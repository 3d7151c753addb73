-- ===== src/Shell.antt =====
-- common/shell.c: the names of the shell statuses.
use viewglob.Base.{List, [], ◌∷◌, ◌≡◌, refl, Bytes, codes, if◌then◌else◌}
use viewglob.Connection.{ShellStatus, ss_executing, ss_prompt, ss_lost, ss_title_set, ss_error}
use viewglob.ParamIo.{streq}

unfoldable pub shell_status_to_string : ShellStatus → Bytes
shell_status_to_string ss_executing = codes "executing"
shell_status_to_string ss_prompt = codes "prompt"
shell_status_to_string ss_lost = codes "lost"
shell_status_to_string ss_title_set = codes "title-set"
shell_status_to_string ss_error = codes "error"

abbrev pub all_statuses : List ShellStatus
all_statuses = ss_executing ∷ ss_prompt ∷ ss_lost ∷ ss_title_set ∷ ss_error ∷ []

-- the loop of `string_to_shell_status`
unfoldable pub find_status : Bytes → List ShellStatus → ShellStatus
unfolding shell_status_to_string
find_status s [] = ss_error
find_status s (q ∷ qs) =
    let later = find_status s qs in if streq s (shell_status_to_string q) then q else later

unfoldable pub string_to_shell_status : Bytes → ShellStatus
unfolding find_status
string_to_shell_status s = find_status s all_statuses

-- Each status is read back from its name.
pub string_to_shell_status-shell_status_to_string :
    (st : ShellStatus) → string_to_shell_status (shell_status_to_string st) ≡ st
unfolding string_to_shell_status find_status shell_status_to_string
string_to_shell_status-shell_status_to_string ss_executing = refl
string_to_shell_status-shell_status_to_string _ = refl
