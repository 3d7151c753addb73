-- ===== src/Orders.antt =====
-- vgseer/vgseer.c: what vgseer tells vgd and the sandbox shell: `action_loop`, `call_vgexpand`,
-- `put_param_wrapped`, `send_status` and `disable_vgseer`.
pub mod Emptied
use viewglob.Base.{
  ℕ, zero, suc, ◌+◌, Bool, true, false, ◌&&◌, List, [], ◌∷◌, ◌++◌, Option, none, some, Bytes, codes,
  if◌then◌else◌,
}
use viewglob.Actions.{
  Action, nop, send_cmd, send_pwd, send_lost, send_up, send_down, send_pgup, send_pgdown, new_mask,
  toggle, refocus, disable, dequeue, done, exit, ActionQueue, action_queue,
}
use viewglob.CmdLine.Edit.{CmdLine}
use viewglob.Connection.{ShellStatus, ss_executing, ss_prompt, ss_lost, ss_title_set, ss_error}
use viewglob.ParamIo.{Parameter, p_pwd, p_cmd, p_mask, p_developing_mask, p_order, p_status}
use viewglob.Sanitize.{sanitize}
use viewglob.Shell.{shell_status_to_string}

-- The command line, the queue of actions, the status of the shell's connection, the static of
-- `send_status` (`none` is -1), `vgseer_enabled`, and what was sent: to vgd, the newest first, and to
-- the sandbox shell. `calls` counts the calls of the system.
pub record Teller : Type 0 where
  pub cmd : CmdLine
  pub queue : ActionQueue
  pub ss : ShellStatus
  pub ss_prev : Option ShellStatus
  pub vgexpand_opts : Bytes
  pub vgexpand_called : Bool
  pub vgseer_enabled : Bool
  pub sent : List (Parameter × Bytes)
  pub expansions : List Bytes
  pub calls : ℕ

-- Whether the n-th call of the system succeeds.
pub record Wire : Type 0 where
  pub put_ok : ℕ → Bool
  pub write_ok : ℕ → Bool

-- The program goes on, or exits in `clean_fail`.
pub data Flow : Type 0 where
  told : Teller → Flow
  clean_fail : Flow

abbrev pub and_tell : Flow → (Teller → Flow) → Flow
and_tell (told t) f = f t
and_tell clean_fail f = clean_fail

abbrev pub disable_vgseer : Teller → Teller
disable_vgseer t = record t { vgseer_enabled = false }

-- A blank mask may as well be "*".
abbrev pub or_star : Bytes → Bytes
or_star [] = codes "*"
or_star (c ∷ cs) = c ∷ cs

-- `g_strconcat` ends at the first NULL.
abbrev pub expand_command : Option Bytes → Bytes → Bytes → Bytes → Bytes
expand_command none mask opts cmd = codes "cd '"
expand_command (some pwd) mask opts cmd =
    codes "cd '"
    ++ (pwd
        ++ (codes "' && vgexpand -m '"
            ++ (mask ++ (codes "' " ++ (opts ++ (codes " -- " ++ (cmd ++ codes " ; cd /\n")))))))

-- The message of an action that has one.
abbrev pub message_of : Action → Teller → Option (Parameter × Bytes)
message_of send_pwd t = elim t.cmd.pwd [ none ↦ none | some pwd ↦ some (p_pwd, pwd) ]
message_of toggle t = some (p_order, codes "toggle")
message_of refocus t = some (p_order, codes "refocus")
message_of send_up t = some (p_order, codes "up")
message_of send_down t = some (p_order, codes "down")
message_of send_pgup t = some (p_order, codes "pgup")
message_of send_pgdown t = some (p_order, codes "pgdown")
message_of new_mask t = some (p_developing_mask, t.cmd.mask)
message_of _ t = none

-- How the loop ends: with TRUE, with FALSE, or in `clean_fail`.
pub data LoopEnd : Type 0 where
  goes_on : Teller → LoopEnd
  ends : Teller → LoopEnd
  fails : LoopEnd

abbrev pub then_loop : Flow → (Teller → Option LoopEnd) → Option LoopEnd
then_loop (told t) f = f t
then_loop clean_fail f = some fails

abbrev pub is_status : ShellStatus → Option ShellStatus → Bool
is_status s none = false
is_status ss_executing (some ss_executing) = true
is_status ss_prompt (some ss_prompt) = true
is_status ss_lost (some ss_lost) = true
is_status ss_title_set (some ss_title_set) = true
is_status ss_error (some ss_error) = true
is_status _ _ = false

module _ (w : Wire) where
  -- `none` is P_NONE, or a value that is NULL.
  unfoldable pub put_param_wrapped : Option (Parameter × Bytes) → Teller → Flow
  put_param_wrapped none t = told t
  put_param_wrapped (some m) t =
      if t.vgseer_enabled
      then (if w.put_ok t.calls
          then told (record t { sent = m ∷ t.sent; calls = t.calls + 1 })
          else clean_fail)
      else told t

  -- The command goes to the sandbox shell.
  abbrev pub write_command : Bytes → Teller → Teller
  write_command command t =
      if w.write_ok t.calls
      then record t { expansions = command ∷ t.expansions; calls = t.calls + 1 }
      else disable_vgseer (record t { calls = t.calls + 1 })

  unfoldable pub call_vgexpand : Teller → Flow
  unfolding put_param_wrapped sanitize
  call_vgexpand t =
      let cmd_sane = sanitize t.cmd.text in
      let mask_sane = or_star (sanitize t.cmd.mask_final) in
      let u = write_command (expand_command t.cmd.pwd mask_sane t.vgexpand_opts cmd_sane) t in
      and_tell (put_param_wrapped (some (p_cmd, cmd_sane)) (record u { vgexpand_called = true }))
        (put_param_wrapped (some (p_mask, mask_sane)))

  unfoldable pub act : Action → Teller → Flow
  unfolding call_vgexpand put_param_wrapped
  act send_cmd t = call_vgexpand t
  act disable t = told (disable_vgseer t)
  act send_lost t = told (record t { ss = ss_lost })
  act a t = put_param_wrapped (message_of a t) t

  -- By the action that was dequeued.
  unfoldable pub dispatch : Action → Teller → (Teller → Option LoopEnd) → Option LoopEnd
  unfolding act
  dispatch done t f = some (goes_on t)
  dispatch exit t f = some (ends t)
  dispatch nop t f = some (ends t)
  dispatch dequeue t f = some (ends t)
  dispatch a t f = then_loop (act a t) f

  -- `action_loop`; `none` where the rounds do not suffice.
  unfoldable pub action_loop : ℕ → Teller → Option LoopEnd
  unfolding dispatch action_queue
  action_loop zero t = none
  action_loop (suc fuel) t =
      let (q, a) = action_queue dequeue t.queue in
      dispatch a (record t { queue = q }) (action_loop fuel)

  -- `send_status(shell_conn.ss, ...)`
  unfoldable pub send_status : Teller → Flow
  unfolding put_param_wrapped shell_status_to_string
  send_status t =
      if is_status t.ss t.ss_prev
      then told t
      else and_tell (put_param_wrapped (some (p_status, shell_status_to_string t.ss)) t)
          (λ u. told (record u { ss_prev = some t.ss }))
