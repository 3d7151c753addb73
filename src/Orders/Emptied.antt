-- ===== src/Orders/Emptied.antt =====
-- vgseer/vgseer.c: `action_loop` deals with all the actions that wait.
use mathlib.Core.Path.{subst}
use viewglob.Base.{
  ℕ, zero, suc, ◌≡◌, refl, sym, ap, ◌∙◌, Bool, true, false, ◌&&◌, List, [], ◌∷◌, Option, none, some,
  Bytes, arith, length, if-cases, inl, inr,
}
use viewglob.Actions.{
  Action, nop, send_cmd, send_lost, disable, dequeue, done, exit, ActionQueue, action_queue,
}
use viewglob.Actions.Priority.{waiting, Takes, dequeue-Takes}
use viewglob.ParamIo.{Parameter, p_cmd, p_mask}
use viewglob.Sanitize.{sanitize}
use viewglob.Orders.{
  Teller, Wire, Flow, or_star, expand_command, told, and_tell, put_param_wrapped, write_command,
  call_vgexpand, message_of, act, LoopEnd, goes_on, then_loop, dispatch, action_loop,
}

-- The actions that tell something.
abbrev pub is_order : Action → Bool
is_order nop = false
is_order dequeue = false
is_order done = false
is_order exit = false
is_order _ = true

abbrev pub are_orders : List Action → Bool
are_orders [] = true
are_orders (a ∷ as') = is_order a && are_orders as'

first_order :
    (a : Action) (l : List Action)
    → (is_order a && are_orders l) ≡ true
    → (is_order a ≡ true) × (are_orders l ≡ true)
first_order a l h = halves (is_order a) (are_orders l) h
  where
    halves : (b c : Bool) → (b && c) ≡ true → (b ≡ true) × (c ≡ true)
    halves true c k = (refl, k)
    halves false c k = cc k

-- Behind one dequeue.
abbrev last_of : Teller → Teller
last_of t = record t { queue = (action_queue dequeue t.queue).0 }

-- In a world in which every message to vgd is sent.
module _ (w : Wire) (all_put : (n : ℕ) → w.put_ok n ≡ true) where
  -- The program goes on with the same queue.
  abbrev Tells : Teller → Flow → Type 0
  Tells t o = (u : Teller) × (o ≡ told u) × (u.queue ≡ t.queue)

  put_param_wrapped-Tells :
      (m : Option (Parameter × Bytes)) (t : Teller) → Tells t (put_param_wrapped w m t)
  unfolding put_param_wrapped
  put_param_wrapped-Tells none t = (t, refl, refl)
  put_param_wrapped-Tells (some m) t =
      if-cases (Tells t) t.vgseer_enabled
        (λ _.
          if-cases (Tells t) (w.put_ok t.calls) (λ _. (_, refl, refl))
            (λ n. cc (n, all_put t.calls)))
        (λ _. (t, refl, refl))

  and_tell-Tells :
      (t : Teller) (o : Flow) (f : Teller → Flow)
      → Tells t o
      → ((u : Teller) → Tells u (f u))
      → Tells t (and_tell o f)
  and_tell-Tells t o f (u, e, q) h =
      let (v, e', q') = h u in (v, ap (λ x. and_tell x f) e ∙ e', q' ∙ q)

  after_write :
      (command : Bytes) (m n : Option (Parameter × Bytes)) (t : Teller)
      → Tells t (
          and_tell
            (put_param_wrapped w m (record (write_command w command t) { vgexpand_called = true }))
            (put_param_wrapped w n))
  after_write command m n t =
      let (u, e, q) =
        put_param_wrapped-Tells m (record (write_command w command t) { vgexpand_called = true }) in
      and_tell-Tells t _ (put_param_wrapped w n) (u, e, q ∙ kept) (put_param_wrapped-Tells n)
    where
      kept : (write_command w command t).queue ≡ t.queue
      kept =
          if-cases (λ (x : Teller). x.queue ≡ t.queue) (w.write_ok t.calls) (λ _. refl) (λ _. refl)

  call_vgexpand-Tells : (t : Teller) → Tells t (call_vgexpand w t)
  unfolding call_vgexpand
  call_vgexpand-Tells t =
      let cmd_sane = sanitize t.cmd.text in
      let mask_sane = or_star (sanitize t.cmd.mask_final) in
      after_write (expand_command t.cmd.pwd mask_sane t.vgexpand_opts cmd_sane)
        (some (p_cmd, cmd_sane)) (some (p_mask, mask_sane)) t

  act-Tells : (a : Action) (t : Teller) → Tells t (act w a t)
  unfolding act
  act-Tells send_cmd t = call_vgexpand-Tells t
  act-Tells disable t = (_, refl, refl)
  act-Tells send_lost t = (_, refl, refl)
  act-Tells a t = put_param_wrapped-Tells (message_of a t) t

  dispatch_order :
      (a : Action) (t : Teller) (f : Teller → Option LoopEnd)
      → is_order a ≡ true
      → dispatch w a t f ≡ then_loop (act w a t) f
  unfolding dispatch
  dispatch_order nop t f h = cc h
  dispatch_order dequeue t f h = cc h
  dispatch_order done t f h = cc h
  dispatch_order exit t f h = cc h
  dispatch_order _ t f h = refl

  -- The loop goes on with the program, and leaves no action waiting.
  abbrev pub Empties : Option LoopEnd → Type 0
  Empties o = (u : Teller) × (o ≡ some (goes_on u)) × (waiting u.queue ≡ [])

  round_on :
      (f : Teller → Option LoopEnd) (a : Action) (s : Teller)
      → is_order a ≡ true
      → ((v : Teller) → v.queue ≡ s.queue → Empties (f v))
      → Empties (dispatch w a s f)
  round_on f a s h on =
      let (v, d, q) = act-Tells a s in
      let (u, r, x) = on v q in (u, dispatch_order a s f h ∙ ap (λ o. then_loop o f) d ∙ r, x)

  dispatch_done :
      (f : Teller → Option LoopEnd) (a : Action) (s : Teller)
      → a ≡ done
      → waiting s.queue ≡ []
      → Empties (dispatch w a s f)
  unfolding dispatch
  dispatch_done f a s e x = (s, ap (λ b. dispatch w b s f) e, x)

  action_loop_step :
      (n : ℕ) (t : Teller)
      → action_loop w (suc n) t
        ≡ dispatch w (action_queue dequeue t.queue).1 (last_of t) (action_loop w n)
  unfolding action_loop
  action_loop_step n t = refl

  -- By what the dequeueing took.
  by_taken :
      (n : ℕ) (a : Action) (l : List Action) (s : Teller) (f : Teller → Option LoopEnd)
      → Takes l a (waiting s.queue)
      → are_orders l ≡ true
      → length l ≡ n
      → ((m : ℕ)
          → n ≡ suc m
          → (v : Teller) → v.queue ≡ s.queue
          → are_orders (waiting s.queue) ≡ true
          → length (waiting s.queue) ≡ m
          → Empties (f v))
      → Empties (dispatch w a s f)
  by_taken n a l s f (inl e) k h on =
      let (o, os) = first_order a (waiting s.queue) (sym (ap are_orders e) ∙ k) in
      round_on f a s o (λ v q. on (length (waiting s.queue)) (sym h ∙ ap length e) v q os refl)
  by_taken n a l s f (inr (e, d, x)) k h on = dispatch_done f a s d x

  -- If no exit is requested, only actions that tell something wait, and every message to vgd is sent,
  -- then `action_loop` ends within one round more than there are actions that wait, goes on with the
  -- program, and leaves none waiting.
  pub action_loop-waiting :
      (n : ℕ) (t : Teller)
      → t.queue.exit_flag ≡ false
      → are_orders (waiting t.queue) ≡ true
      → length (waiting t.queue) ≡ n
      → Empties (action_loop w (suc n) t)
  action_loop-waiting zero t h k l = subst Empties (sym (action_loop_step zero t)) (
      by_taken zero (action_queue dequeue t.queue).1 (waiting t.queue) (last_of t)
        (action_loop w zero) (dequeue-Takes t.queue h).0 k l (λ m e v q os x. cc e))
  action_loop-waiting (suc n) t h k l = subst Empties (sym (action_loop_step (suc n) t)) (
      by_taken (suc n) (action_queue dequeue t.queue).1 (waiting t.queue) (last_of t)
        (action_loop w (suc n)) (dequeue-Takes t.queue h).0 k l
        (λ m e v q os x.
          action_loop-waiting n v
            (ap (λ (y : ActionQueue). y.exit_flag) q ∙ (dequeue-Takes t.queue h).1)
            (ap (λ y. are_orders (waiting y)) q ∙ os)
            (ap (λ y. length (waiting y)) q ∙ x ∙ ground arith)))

- - - - - - -

Look over the listing above and copy each line that contains "sandbox".

-- vgseer/vgseer.c: what vgseer tells vgd and the sandbox shell: `action_loop`, `call_vgexpand`,
-- the sandbox shell. `calls` counts the calls of the system.
  -- The command goes to the sandbox shell.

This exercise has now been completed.